The astronauts switched their spacesuits to internal battery power at 8:42 a.m. EDT (1242 UTC) Thursday to mark the official start of the spacewalk, which will follow a similar timeline as an excursion June 9, when Hoburg and Bowen connected and unfurled another solar array on the space station’s football field-long power truss.

Another roll-out solar planet will be installed Thursday on the far right, or starboard, end of the station’s truss backbone. The two new ISS Roll-Out Solar Arrays, or iROSA units, were delivered to the space station June 5 by a SpaceX Cargo Dragon supply spacecraft, following previous SpaceX cargo missions that hauled four roll-out solar blankets to the space station in 2021 and 2022.

The solar arrays are designed to partially cover the space station’s original solar panels, delivered by space shuttle assembly missions between 2000 and 2009. The older solar panels have degraded over time, as expected, and the new roll-out arrays come with improved efficiency to boost the station’s power output back above original levels.
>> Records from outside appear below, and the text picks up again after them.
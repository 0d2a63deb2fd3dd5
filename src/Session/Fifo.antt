-- ===== src/Session/Fifo.antt =====
-- The queue of src/session.rs against a specification: the packets as a numbered sequence.
use marlin_binary_transfer.Common.{
  ℕ, ◌+◌, ◌%◌, ◌<◌, ◌≡◌, refl, sym, ap, ◌∙◌, arith, Bool, true, false, Option, none, some, List, [],
  ◌∷◌, ◌++◌, Bytes, length, All, append_assoc, append-nil, map, eq→==, Checked, done, assert, ◌>>=◌,
  le→leb,
}
use marlin_binary_transfer.Codec.{max_payload}
use marlin_binary_transfer.Codec.Frame.{frame}
use marlin_binary_transfer.Session.State.{Event, ack, InFlight, BytesBuilder, Queued, Session}
use marlin_binary_transfer.Session.Operations.{
  queue, dispatch, dispatch_from, dispatch_if_idle, send, handle_ok,
}
use marlin_binary_transfer.Session.Build.{IsSendable, packet, build-frame}

-- The specification: the frames of the packets, numbered from `n` on.
abbrev pub numbered_frames : ℕ → List BytesBuilder → List Bytes
numbered_frames n [] = []
numbered_frames n (b ∷ bs) = frame (packet b n) ∷ numbered_frames ((n + 1) % 256) bs

abbrev pub acks : ℕ → List BytesBuilder → List Event
acks n [] = []
acks n (b ∷ bs) = ack n ∷ acks ((n + 1) % 256) bs

abbrev pub number_after : ℕ → List BytesBuilder → ℕ
number_after n [] = n
number_after n (b ∷ bs) = number_after ((n + 1) % 256) bs

abbrev pub data_packet : BytesBuilder → Queued
data_packet b = record { bytes_without_sync = b; is_sync_handshake = false }

-- The caller sends the packets one after the other, at one time.
pub send_all : List BytesBuilder → ℕ → Session → Checked Session
send_all [] now s = done s
send_all (b ∷ bs) now s = send s b.protocol b.packet_type b.payload now >>= send_all bs now

-- The device acknowledges as often as there are packets, each time the current sync number.
pub ack_all : List BytesBuilder → ℕ → Session → Checked Session
ack_all [] now s = done s
ack_all (b ∷ bs) now s = handle_ok s s.sync now >>= ack_all bs now

-- A session with the packet `b` in flight and `bs` behind it in the queue.
abbrev busy : Session → BytesBuilder → List BytesBuilder → ℕ → Session
busy s b bs now = record s {
  in_flight = some (record {
    sync = s.sync;
    bytes = frame (packet b s.sync);
    first_sent = now;
    last_sent = now;
    is_sync_handshake = false;
  });
  queued = map data_packet bs;
  outbound = s.outbound ++ frame (packet b s.sync) ∷ [];
}

-- What remains of it when all is acknowledged.
abbrev pub idle_after : Session → List BytesBuilder → Session
idle_after s bs = record s {
  sync = number_after s.sync bs;
  in_flight = none;
  queued = [];
  outbound = s.outbound ++ numbered_frames s.sync bs;
  events = s.events ++ acks s.sync bs;
}

dispatch_lem :
    (s : Session) (b : BytesBuilder) (bs : List BytesBuilder) (now : ℕ)
    → IsSendable b
    → s.sync < 256
    → dispatch s (data_packet b) (map data_packet bs) now ≡ done (busy s b bs now)
unfolding dispatch
dispatch_lem s b bs now v h = rw (build-frame b s.sync v h)

-- The session between the ack of `b` and the dispatch of the next packet.
abbrev acked : Session → BytesBuilder → Session
acked s b = record s {
  sync = (s.sync + 1) % 256;
  outbound = s.outbound ++ frame (packet b s.sync) ∷ [];
  events = s.events ++ ack s.sync ∷ [];
}

-- The ack of the packet in flight sends the next packet of the queue.
ack_step :
    (s : Session) (b c : BytesBuilder) (bs : List BytesBuilder) (now : ℕ)
    → IsSendable c
    → handle_ok (busy s b (c ∷ bs) now) s.sync now ≡ done (busy (acked s b) c bs now)
unfolding handle_ok dispatch_if_idle
ack_step s b c bs now v = rw (eq→== s.sync s.sync refl) (dispatch_lem _ c bs now v (omega arith))

ack_last :
    (s : Session) (b : BytesBuilder) (now : ℕ)
    → handle_ok (busy s b [] now) s.sync now ≡ done (idle_after s (b ∷ []))
unfolding handle_ok dispatch_if_idle
ack_last s b now = rw (eq→== s.sync s.sync refl)

idle_after-cons :
    (s : Session) (b : BytesBuilder) (bs : List BytesBuilder)
    → idle_after (acked s b) bs ≡ idle_after s (b ∷ bs)
idle_after-cons s b bs = λ i. record s {
  sync = number_after ((s.sync + 1) % 256) bs;
  in_flight = none;
  queued = [];
  outbound =
      append_assoc s.outbound (frame (packet b s.sync) ∷ [])
        (numbered_frames ((s.sync + 1) % 256) bs) i;
  events = append_assoc s.events (ack s.sync ∷ []) (acks ((s.sync + 1) % 256) bs) i;
}

ack_all-busy :
    (s : Session) (b : BytesBuilder) (bs : List BytesBuilder) (now : ℕ)
    → All IsSendable bs
    → ack_all (b ∷ bs) now (busy s b bs now) ≡ done (idle_after s (b ∷ bs))
unfolding ack_all
ack_all-busy s b [] now v = rw (ack_last s b now)
ack_all-busy s b (c ∷ bs) now v =
    ap (λ (m : Checked Session). m >>= ack_all (c ∷ bs) now) (ack_step s b c bs now v.0)
    ∙ ack_all-busy (acked s b) c bs now v.1
    ∙ ap done (idle_after-cons s b (c ∷ bs))

map-concat :
    (bs : List BytesBuilder) (b : BytesBuilder)
    → map data_packet bs ++ data_packet b ∷ [] ≡ map data_packet (bs ++ b ∷ [])
map-concat [] b = refl
map-concat (x ∷ bs) b = ap (◌∷◌ (data_packet x)) (map-concat bs b)

-- A packet that is sent while another is in flight waits at the end of the queue.
send-busy :
    (s : Session) (b : BytesBuilder) (bs : List BytesBuilder) (c : BytesBuilder) (now : ℕ)
    → s.is_synced ≡ true
    → IsSendable c
    → send (busy s b bs now) c.protocol c.packet_type c.payload now
      ≡ done (busy s b (bs ++ c ∷ []) now)
unfolding send queue dispatch_if_idle
send-busy s b bs c now synced v =
    simp
      (
        synced,
        le→leb c.protocol 15 v.protocol_fits,
        le→leb c.packet_type 15 v.packet_type_fits,
        le→leb (length c.payload) max_payload v.payload_fits,
      )
      (rw (map-concat bs c))

dispatch_from_idle :
    (f : Option InFlight) (q : List Queued) (s : Session) (c : BytesBuilder) (now : ℕ)
    → f ≡ none
    → q ≡ data_packet c ∷ []
    → IsSendable c
    → s.sync < 256
    → dispatch_from f q s now ≡ done (busy s c [] now)
dispatch_from_idle f q s c now idle single v h =
    rw (idle, single) (unfold dispatch_from in dispatch_lem s c [] now v h)

-- The first packet of an idle session goes out at once.
send_idle :
    (s : Session) (c : BytesBuilder) (now : ℕ)
    → s.is_synced ≡ true
    → s.sync < 256
    → s.in_flight ≡ none
    → s.queued ≡ []
    → IsSendable c
    → send s c.protocol c.packet_type c.payload now ≡ done (busy s c [] now)
unfolding send queue
send_idle s c now synced h idle empty v =
    rw
      (
        le→leb c.protocol 15 v.protocol_fits,
        le→leb c.packet_type 15 v.packet_type_fits,
        le→leb (length c.payload) max_payload v.payload_fits,
      )
      (ap
          (λ (t : Bool). assert t >>= λ _.
            dispatch_if_idle (queue s c.protocol c.packet_type c.payload false) now)
          synced
        ∙ unfold dispatch_if_idle in
          dispatch_from_idle s.in_flight (s.queued ++ data_packet c ∷ [])
            (queue s c.protocol c.packet_type c.payload false) c now idle
            (ap (λ (q : List Queued). q ++ data_packet c ∷ []) empty) v h)

send_all-busy :
    (s : Session) (b : BytesBuilder) (bs cs : List BytesBuilder) (now : ℕ)
    → s.is_synced ≡ true
    → All IsSendable cs
    → send_all cs now (busy s b bs now) ≡ done (busy s b (bs ++ cs) now)
unfolding send_all
send_all-busy s b bs [] now synced v = rw append-nil
send_all-busy s b bs (c ∷ cs) now synced v =
    ap (λ (m : Checked Session). m >>= send_all cs now) (send-busy s b bs c now synced v.0)
    ∙ send_all-busy s b (bs ++ c ∷ []) cs now synced v.1
    ∙ rw append_assoc

-- Packets sent on an idle session and acknowledged one by one: each goes on the wire once, in the
-- order of the calls and under successive sync numbers mod 256 from the session's number on; each
-- is reported as acknowledged, in that order; and the session is idle again, under the next number,
-- with all else as it was.
pub send_all-ack_all :
    (s : Session) (bs : List BytesBuilder) (now : ℕ)
    → s.is_synced ≡ true
    → s.sync < 256
    → s.in_flight ≡ none
    → s.queued ≡ []
    → All IsSendable bs
    → (send_all bs now s >>= ack_all bs now) ≡ done (idle_after s bs)
send_all-ack_all s [] now synced h idle empty v =
    unfold send_all ack_all in
    λ i. done (record s {
      in_flight = idle i;
      queued = empty i;
      outbound = sym (append-nil s.outbound) i;
      events = sym (append-nil s.events) i;
    })
send_all-ack_all s (b ∷ bs) now synced h idle empty v =
    ap (λ (m : Checked Session). m >>= ack_all (b ∷ bs) now) sent ∙ ack_all-busy s b bs now v.1
  where
    sent : send_all (b ∷ bs) now s ≡ done (busy s b bs now)
    sent =
        unfold send_all in
        (ap (λ (m : Checked Session). m >>= send_all bs now)
            (send_idle s b now synced h idle empty v.0)
          ∙ send_all-busy s b [] bs now synced v.1)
They were built by Redwire under contract with Boeing and NASA.

NASA is planning to order a final pair of roll-out solar arrays to complete the space station’s electrical upgrade, which will ensure the lab has enough power to support research through the station’s planned retirement date in 2030. The final set of iROSAs will be delivered in 2025.

After leaving the station’s Quest airlock module Thursday, Hoburg and Bowen will move to the starboard side of the station’s truss backbone. The spacewalkers will remove the solar blankets, which were rolled up on spools to fit inside the SpaceX cargo capsule for launch, from a carrier structure and move the iROSA unit to the S6 truss segment at the far end of the station.

The iROSA unit is about the size of a refrigerator when folded up in launch configuration. Hoburg and Bowen will attach the rolled-up solar array onto a mounting bracket installed on a previous spacewalk, then unfold a hinge in unfold the two blankets making up the iROSA unit, like opening the cover to a book. The astronauts will torque eight bolts with an electrical tool to firmly mount the iROSA to its mounting bracket.

The mounting bracket plugs the new arrays into the station’s power channels and rotary joints, which keep the solar wings pointed at the sun as the spacecraft races around Earth at more than 17,000 mph.

The International Space Station has eight power channels, each fed with electrical power generated from one solar array wing extending from the station’s truss backbone. The new solar array to be deployed Thursday will produce electricity for the space station’s 1B power channel.

Artist’s illustration of the International Space Station with three sets of new roll-out solar arrays. The spacewalk Thursday, June 15, focuses on installing the iROSA on Channel 1B of the power system on the far right, or starboard, end of the space station’s power truss. Credit: NASA

Then Bowen and Hoburg will mate four electrical connectors to the new roll-out solar array, which will be positioned to partially cover one of the space station’s original solar panels delivered by a space shuttle mission during the lab’s construction in March 2009.

The astronauts will connect a “Y” cable to allow power from both the original solar array and the new iROSA to flow into the station’s power grid, then will release two more bolts that kept the iROSA blankets rolled up for launch.

The blankets will take about 6 to 10 minutes to unroll to their fully deployed length of 63 feet (19 meters). Each roll-out solar array measures about 20 feet (6 meters) wide, and are about half the length and half the width of the station’s original solar arrays.

Despite their smaller size, each of the new arrays generate about the same amount of electricity as one of the station’s existing solar panels. The design of the deployment mechanism eliminates the need for motors to drive the solar array open.

Once the blanket unfurls, the astronauts will adjust tensioning bolts to secure the iROSA blanket in place.

With their tasks complete, the astronauts will make their way back to the Quest airlock and close the hatch.

The spacewalk Thursday is the 10th in Bowen’s astronaut career, and the second for Hoburg. It is the 265th spacewalk since 1998 in support of International Space Station assembly and maintenance, and the eighth spacewalk outside the research outpost this year.